Через два или три дня она снова явилась, одетая в черное, еще более элегантно. В траурном она взрослее, ее милое, свежее лицо — солиднее, строже. Она, видимо, любит цветные камни, ее кофточка заколота брошью из алмандинов, на шее, на золотой цепочке, висит крупный плавленый рубин.
— Я понимаю, что противна вам,— говорит она,— но мне не с кем посоветоваться, кроме вас. Я привыкла верить вам, мне казалось, что вы любите людей даже грешных, но вы — такой сухой, черствый... странно!
— Да, странно,— повторяю я и смеюсь, думая о том, как бесстыдно жизнь насилует людей. И чувствую себя виноватым в чем-то пред этой женщиной. В чем? Не понимаю.
Она рассказывает, что есть человек, готовый обвенчаться с нею.
— Он — пожилой, пожалуй, даже старик, но — что же делать? Ведь, если я переменю фамилию, меня уже не будет.
И улыбаясь, почти весело, она повторяет:
— Меня не будет такой, какова я сейчас, да?
Хочется сказать:
«Сударыня! Даже если земля начнет разрушаться, пылью разлетаясь в пространстве, и все люди обезумеют от ужаса, я полагаю, что вы все-таки останетесь такой, какова есть. И если на землю чудом воли нашей снизойдут мир, любовь, неизведанное нами счастье,— я думаю, вы тоже останетесь сама собою».
Но говорить с нею — бесполезно,— она слишком крепко уверена в том, что красивой женщине все прощается.
Я говорю:
— Если вы думаете, что это поможет вам...
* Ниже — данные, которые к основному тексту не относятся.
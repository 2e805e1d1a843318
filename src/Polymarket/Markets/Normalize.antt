-- ===== src/Polymarket/Markets/Normalize.antt =====
-- polymarket/markets.py: `_normalize_market` does not depend on the order of the outcomes.
use poly_holy_market_bot.Prelude.{
  ◌≡◌, Bool, true, false, Option, some, List, [], ◌∷◌, arith, Text, codes, text_eq, lower, strip,
}
use poly_holy_market_bot.Polymarket.Markets.{
  Scalar, as_list, GammaMarket, Market, normalize_market, jsarr,
}

abbrev pub is_yes : Scalar → Bool
is_yes o = text_eq (lower (strip o.as_text)) (codes "yes")

abbrev pub with_arrays : List Scalar → List Scalar → List Scalar → GammaMarket → GammaMarket
with_arrays outcomes prices tokens m = record m {
  outcomes = as_list outcomes;
  outcome_prices = as_list prices;
  clob_token_ids = as_list tokens;
}

-- With exactly one outcome labelled "Yes", the side that is bought does not depend on its
-- position: the market with all three arrays swapped is normalized to the same market, so that a
-- bet on "Yes" never buys the "No" token.
pub normalize_market-swap :
    (loads : Text → Option (List Scalar)) (m : GammaMarket) (o₀ o₁ p₀ p₁ t₀ t₁ : Scalar)
    → is_yes o₀ ≡ true
    → is_yes o₁ ≡ false
    → normalize_market loads (with_arrays (o₁ ∷ o₀ ∷ []) (p₁ ∷ p₀ ∷ []) (t₁ ∷ t₀ ∷ []) m)
      ≡ normalize_market loads (with_arrays (o₀ ∷ o₁ ∷ []) (p₀ ∷ p₁ ∷ []) (t₀ ∷ t₁ ∷ []) m)
unfolding normalize_market jsarr
normalize_market-swap loads m o₀ o₁ p₀ p₁ t₀ t₁ yes₀ no₁ = ground arith

-- A normalized market is open, binary, and holds the tokens of the two sides, "Yes" first if that
-- is the label of the first outcome.
pub normalize_market_yes_first :
    (loads : Text → Option (List Scalar)) (m : GammaMarket) (n : Market)
    (o₀ o₁ p₀ p₁ t₀ t₁ : Scalar)
    → is_yes o₀ ≡ true
    → normalize_market loads (with_arrays (o₀ ∷ o₁ ∷ []) (p₀ ∷ p₁ ∷ []) (t₀ ∷ t₁ ∷ []) m) ≡ some n
    → (m.closed ≡ false)
      × (n.yes_token ≡ t₀.as_text)
      × (n.no_token ≡ t₁.as_text)
      × (n.yes_price ≡ p₀.as_float)
      × (n.no_price ≡ p₁.as_float)
unfolding normalize_market jsarr
normalize_market_yes_first loads m n o₀ o₁ p₀ p₁ t₀ t₁ yes₀ h = ground arith
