-- ===== src/Polymarket/Markets/Ranking.antt =====
-- polymarket/markets.py: the listings. `sort(key=volume, reverse=True)` is an insertion sort that
-- keeps the order of equal volumes, as Python's sort does.
pub mod Order
pub mod Best
mod Tests
use poly_holy_market_bot.Prelude.{
  ℕ, Bool, true, false, ◌||◌, Option, none, some, List, [], ◌∷◌, ◌++◌, any, take, leb,
  if◌then◌else◌, Text, text_eq, non_empty,
}
use poly_holy_market_bot.Polymarket.Markets.{Scalar, GammaMarket, Market, normalize_market}

-- what the listings read of a Gamma event
pub record Event : Type 0 where
  pub title : Option Text
  pub markets : List GammaMarket

abbrev pub has_id : Market → Bool
has_id m = elim m.id [ none ↦ false | some t ↦ non_empty t ]

abbrev pub same_id : Market → Market → Bool
same_id a b = elim a.id [
  | none ↦ elim b.id [ none ↦ true | some _ ↦ false ]
  | some s ↦ elim b.id [ none ↦ false | some t ↦ text_eq s t ]
]

-- Binary markets with an id, in order, with the title of their event.
unfoldable pub collect :
    (Text → Option (List Scalar)) → Option Text → List GammaMarket → List Market
collect loads title [] = []
collect loads title (m ∷ ms) =
    let rest = collect loads title ms in
    elim (normalize_market loads m) [
      | none ↦ rest
      | some n ↦ if has_id n then record n { event_title = title } ∷ rest else rest
    ]

unfoldable pub collect_events : (Text → Option (List Scalar)) → List Event → List Market
unfolding collect
collect_events loads [] = []
collect_events loads (e ∷ es) = collect loads e.title e.markets ++ collect_events loads es

unfoldable pub insert_desc : Market → List Market → List Market
insert_desc m [] = m ∷ []
insert_desc m (n ∷ ns) =
    let rest = insert_desc m ns in if leb n.volume m.volume then m ∷ n ∷ ns else n ∷ rest

unfoldable pub sort_desc : List Market → List Market
unfolding insert_desc
sort_desc [] = []
sort_desc (m ∷ ms) = insert_desc m (sort_desc ms)

-- The loops over `seen`: the first market of each id is kept.
unfoldable pub dedup : List Market → List Market → List Market
dedup seen [] = []
dedup seen (m ∷ ms) =
    let skip = dedup seen ms in
    let keep = dedup (m ∷ seen) ms in if any (same_id m) seen then skip else m ∷ keep

-- `category_markets`, after the read of the events
unfoldable pub category_listing : (Text → Option (List Scalar)) → ℕ → List Event → List Market
category_listing loads limit events =
    take limit (dedup [] (sort_desc (collect_events loads events)))

-- `trending_markets`, after the read of the rows
unfoldable pub trending_listing : (Text → Option (List Scalar)) → ℕ → List GammaMarket → List Market
trending_listing loads limit rows = take limit (sort_desc (dedup [] (collect loads none rows)))

-- `search_markets`, after the read of the events
unfoldable pub search_listing : (Text → Option (List Scalar)) → ℕ → List Event → List Market
search_listing loads limit events = take limit (dedup [] (collect_events loads events))
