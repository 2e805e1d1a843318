-- ===== src/Polymarket/Markets/Ranking/Order.antt =====
-- polymarket/markets.py: the order of a listing, and what it leaves out.
use poly_holy_market_bot.Prelude.{
  ℕ, zero, suc, ◌≤◌, ◌≡◌, inl, inr, Bool, false, ◌&&◌, List, [], ◌∷◌, any, take, leb, All,
  All-imply, arith, Bool-cases,
}
use poly_holy_market_bot.Polymarket.Markets.{Market}
use poly_holy_market_bot.Polymarket.Markets.Ranking.{same_id, insert_desc, sort_desc, dedup}

abbrev pub AtMost : ℕ → List Market → Type 0
AtMost v = All (λ m. m.volume ≤ v)

-- Volumes do not rise along the list.
abbrev pub Descends : List Market → Type 0
Descends [] = Unit
Descends (m ∷ ms) = AtMost m.volume ms × Descends ms

-- No market has the id of an earlier one.
abbrev pub DistinctIds : List Market → Type 0
DistinctIds [] = Unit
DistinctIds (m ∷ ms) = All (λ n. same_id n m ≡ false) ms × DistinctIds ms

-- `n` has the id of `m` and at least its volume.
abbrev pub represents : Market → Market → Bool
represents m n = same_id m n && leb m.volume n.volume

module _ {κ} (P : Market → Type κ) where
  All-insert_desc : (m : Market) (ms : List Market) → P m → All P ms → All P (insert_desc m ms)
  unfolding insert_desc
  All-insert_desc m [] h hs = (h, tt)
  All-insert_desc m (n ∷ ns) h hs = elim (Bool-cases (leb n.volume m.volume)) [
    | inl le ↦ rw le (h, hs)
    | inr gt ↦ rw gt (hs.0, All-insert_desc m ns h hs.1)
  ]

  insert_desc-All : (m : Market) (ms : List Market) → All P (insert_desc m ms) → P m × All P ms
  unfolding insert_desc
  insert_desc-All m [] h = h
  insert_desc-All m (n ∷ ns) h = elim (Bool-cases (leb n.volume m.volume)) [
    | inl le ↦ rw le at h
    | inr gt ↦
        let (now, rest) = rw gt at h in let (hm, hs) = insert_desc-All m ns rest in (hm, (now, hs))
  ]

  pub sort_desc-All : (ms : List Market) → All P (sort_desc ms) → All P ms
  unfolding sort_desc
  sort_desc-All [] h = tt
  sort_desc-All (m ∷ ms) h =
      let (now, rest) = insert_desc-All m (sort_desc ms) h in (now, sort_desc-All ms rest)

  pub All-dedup : (seen ms : List Market) → All P ms → All P (dedup seen ms)
  unfolding dedup
  All-dedup seen [] h = tt
  All-dedup seen (m ∷ ms) h = elim (Bool-cases (any (same_id m) seen)) [
    | inl again ↦ rw again (All-dedup seen ms h.1)
    | inr new ↦ rw new (h.0, All-dedup (m ∷ seen) ms h.1)
  ]

  pub All-take : (k : ℕ) (ms : List Market) → All P ms → All P (take k ms)
  All-take zero ms h = tt
  All-take (suc k) [] h = tt
  All-take (suc k) (m ∷ ms) h = (h.0, All-take k ms h.1)

pub AtMost-weaken : (v w : ℕ) (ms : List Market) → v ≤ w → AtMost v ms → AtMost w ms
AtMost-weaken v w ms le = All-imply (λ m. m.volume ≤ v) (λ m. m.volume ≤ w) (λ m h. omega arith) ms

insert_desc-Descends : (m : Market) (ms : List Market) → Descends ms → Descends (insert_desc m ms)
unfolding insert_desc
insert_desc-Descends m [] h = (tt, tt)
insert_desc-Descends m (n ∷ ns) h = elim (Bool-cases (leb n.volume m.volume)) [
  | inl le ↦
      let low : n.volume ≤ m.volume = ground arith in
      rw le ((low, AtMost-weaken n.volume m.volume ns low h.0), h)
  | inr gt ↦
      let low : m.volume ≤ n.volume = ground arith in
      rw gt (All-insert_desc (λ x. x.volume ≤ n.volume) m ns low h.0, insert_desc-Descends m ns h.1)
]

pub sort_desc-Descends : (ms : List Market) → Descends (sort_desc ms)
unfolding sort_desc
sort_desc-Descends [] = tt
sort_desc-Descends (m ∷ ms) = insert_desc-Descends m (sort_desc ms) (sort_desc-Descends ms)

pub dedup-Descends : (seen ms : List Market) → Descends ms → Descends (dedup seen ms)
unfolding dedup
dedup-Descends seen [] h = tt
dedup-Descends seen (m ∷ ms) h = elim (Bool-cases (any (same_id m) seen)) [
  | inl again ↦ rw again (dedup-Descends seen ms h.1)
  | inr new ↦
      rw new
        (All-dedup (λ x. x.volume ≤ m.volume) (m ∷ seen) ms h.0, dedup-Descends (m ∷ seen) ms h.1)
]

-- Nothing that is kept has an id that was seen before.
dedup_unseen : (seen ms : List Market) → All (λ n. any (same_id n) seen ≡ false) (dedup seen ms)
unfolding dedup
dedup_unseen seen [] = tt
dedup_unseen seen (m ∷ ms) = elim (Bool-cases (any (same_id m) seen)) [
  | inl again ↦ rw again (dedup_unseen seen ms)
  | inr new ↦ rw new (
    new,
    All-imply (λ n. any (same_id n) (m ∷ seen) ≡ false) (λ n. any (same_id n) seen ≡ false)
        (λ n h. ground arith) (dedup (m ∷ seen) ms) (dedup_unseen (m ∷ seen) ms),
  )
]

pub dedup-DistinctIds : (seen ms : List Market) → DistinctIds (dedup seen ms)
unfolding dedup
dedup-DistinctIds seen [] = tt
dedup-DistinctIds seen (m ∷ ms) = elim (Bool-cases (any (same_id m) seen)) [
  | inl again ↦ rw again (dedup-DistinctIds seen ms)
  | inr new ↦ rw new (
    All-imply (λ n. any (same_id n) (m ∷ seen) ≡ false) (λ n. same_id n m ≡ false)
        (λ n h. ground arith) (dedup (m ∷ seen) ms) (dedup_unseen (m ∷ seen) ms),
    dedup-DistinctIds (m ∷ seen) ms,
  )
]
— Ах, я не знаю, что мне думать. Я просто — боюсь.
Она говорит капризно, все тем же тоном ребенка, который нашалил и хочет, чтоб о его шалости забыли.
Я молчу.
Тогда она говорит:
— Вы можете быть посаженым отцом на моей свадьбе? У меня нет отца, то есть он разошелся с мамочкой. Я его не люблю, не вижу. Будьте, пожалуйста!
Я отрицательно качаю головой. Тогда она становится на колени и говорит:
— Но послушайте же, послушайте.
В ее жестах есть нечто театральное, и она явно стремится напомнить о себе как о женщине, хочет, чтоб я почувствовал себя мужчиной. Красиво закинув голову, выгнув грудь, она — точно ядовитый цветок, ее красивенькая головка подобна пестику в черных лепестках кружев кофты.
— Хотите, я буду вашей любовницей, вашей девушкой для радостей? — спрашивает она почему-то на французском языке.
Я отхожу от нее. Гибко встав на ноги, она говорит:
— Ваши речи о любви, о сострадании — ложь. Все — ложь. Все! Вы так писали о женщинах... они у вас всегда правы — это тоже — ложь! Прощайте!
Потом, уходя, она говорит уверенно и зло:
— Вы погубили меня.
Исчезла, приклеив к душе моей черную тень. Может быть, это неуместные, красивенькие слова, но — она бросила меня в колючий терновник мучительных дум о ней, о себе. Я не умею сказать иначе того, что чувствую. К душе моей пристала тяжелая черная тень. Вероятно, это — глупые слова. Как все слова.